1214 - A Phase II Clinical Trial of Tumor Treating Field (TTF) Therapy Concomitant to Pemetrexed for Advanced Non-Small Cell (NSCLC) Lung Cancer

Abstract

ABSTRACT Background TTF therapy is a novel, non-invasive treatment modality for solid tumors recently approved by FDA for recurrent GBM. It uses intermediate frequency alternating electric fields to inhibit tumor growth, by mitotic spindle and plasma membrane integrity disruption during cytokinesis. Pemetrexed is a folate antimetabolite used as a first/second line and as a maintenance therapy for non-squamous NSCLC patients. Preclinical studies in NSCLC models demonstrated that TTF therapy and pemetrexed had additive efficacy, with no increase in toxicity. The current trial tested TTF therapy concomitant to pemetrexed in NSCLC patients. Methods A single arm, multi-center, prospective trial was performed in 42 stage IIIB (with pleural effusion) and IV NSCLC patients, following progression after at least one prior chemotherapy.
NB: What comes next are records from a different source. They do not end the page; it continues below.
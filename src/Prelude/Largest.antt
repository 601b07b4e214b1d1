-- ===== src/Prelude/Largest.antt =====
-- `xs.reduce((top, x) => x.value > top.value ? x : top)`: the first element with the greatest
-- value.
use pecunia.Prelude.Int.{ℤ, ltb_ℤ, ◌≤ℤ◌}
use pecunia.Prelude.Tests.{if◌then◌else◌}
use pecunia.Prelude.Lists.{In}
use mathlib.Core.Path.{◌≡◌, refl, sym, ◌∙◌, subst}
use mathlib.Core.Logic.{◌⊎◌, inl, inr}
use mathlib.Core.Option.{Option, none, some}
use mathlib.Core.List.{List, [], ◌∷◌}
use native.Mathlib.Omega.{arith}

module _ {A : Type 0} (value : A → ℤ) where
  abbrev pub bigger : A → A → A
  bigger top x = if ltb_ℤ (value top) (value x) then x else top

  unfoldable pub largest_of : A → List A → A
  largest_of top [] = top
  largest_of top (x ∷ xs) = largest_of (bigger top x) xs

  -- On an empty list `reduce` throws: `none`.
  abbrev pub reduce_largest : List A → Option A
  reduce_largest [] = none
  reduce_largest (x ∷ xs) = some (largest_of x xs)

  bigger-cases : (x y : A) → (bigger x y ≡ x) ⊎ (bigger x y ≡ y)
  bigger-cases x y = ground arith

  bigger-ge : (x y : A) → (value x ≤ℤ value (bigger x y)) × (value y ≤ℤ value (bigger x y))
  bigger-ge x y = ground arith

  pub largest_of-In : (x : A) (xs : List A) → In (largest_of x xs) (x ∷ xs)
  unfolding largest_of
  largest_of-In x [] = inl refl
  largest_of-In x (y ∷ ys) = place (bigger-cases x y) (largest_of-In (bigger x y) ys)
    where
      place :
          (bigger x y ≡ x) ⊎ (bigger x y ≡ y)
          → In (largest_of (bigger x y) ys) (bigger x y ∷ ys)
          → In (largest_of (bigger x y) ys) (x ∷ y ∷ ys)
      place c (inr m) = inr (inr m)
      place (inl e) (inl q) = inl (q ∙ e)
      place (inr e) (inl q) = inr (inl (q ∙ e))

  pub largest_of-ge : (x : A) (xs : List A) → value x ≤ℤ value (largest_of x xs)
  unfolding largest_of
  largest_of-ge x [] = omega arith
  largest_of-ge x (y ∷ ys) = omega (arith, bigger-ge x y, largest_of-ge (bigger x y) ys)

  pub largest_of-ge_all :
      (x : A) (xs : List A) (a : A) → In a (x ∷ xs) → value a ≤ℤ value (largest_of x xs)
  unfolding largest_of
  largest_of-ge_all x xs a (inl e) =
      subst (λ z. value z ≤ℤ value (largest_of x xs)) (sym e) (largest_of-ge x xs)
  largest_of-ge_all x (y ∷ ys) a (inr (inl e)) =
      subst (λ z. value z ≤ℤ value (largest_of (bigger x y) ys)) (sym e)
        (omega (arith, bigger-ge x y, largest_of-ge (bigger x y) ys))
  largest_of-ge_all x (y ∷ ys) a (inr (inr m)) = largest_of-ge_all (bigger x y) ys a (inr m)
  largest_of-ge_all x [] a (inr m) = absurd m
Patients received continuous 150 KHz TTF therapy (12 h/day) using the NovoTTF-100L system (NovoCure, Israel), concomitant to pemetrexed (Alimta™, Eli Lilly) q3w, until progression. Pemetrexed was in use for squamous histology when the study opened. Results The trial included 35 patients with non-squamous histology and 7 patients with squamous histology. TTF Therapy was well tolerated by all patients enrolled in the trial, with high compliance (11 h/day). No TTF-related adverse events were reported apart from dermatitis caused by the application of transducer arrays. Median progression free survival was 22.7 and 10.3 weeks for non-squamous and squamous histology, respectively. Seven patients who initially had in-field-only disease (including squamous histology) had distant metastases before progressing in-field. Median overall survival was 12.4 and 13.8 months for nonsquamous and squamous histology, respectively. One- and two- year-survival was 53% and 27%, respectively. Conclusions TTF therapy concomitant to pemetrexed was well tolerated and safe for patients with advanced NSCLC, of all histologies. Efficacy indices are promising, in view of the poor outcome previously reported for similar populations. This first clinical trial involving TTF as a treatment for NSCLC patients suggests that it should be further studied in larger clinical trials for squamous and nonsquamous NSCLC Disclosure M. Salzberg: Medpace Inc. is a contracted Contract Research Organization (CRO) for Novocure Ltd. All other authors have declared no conflicts of interest.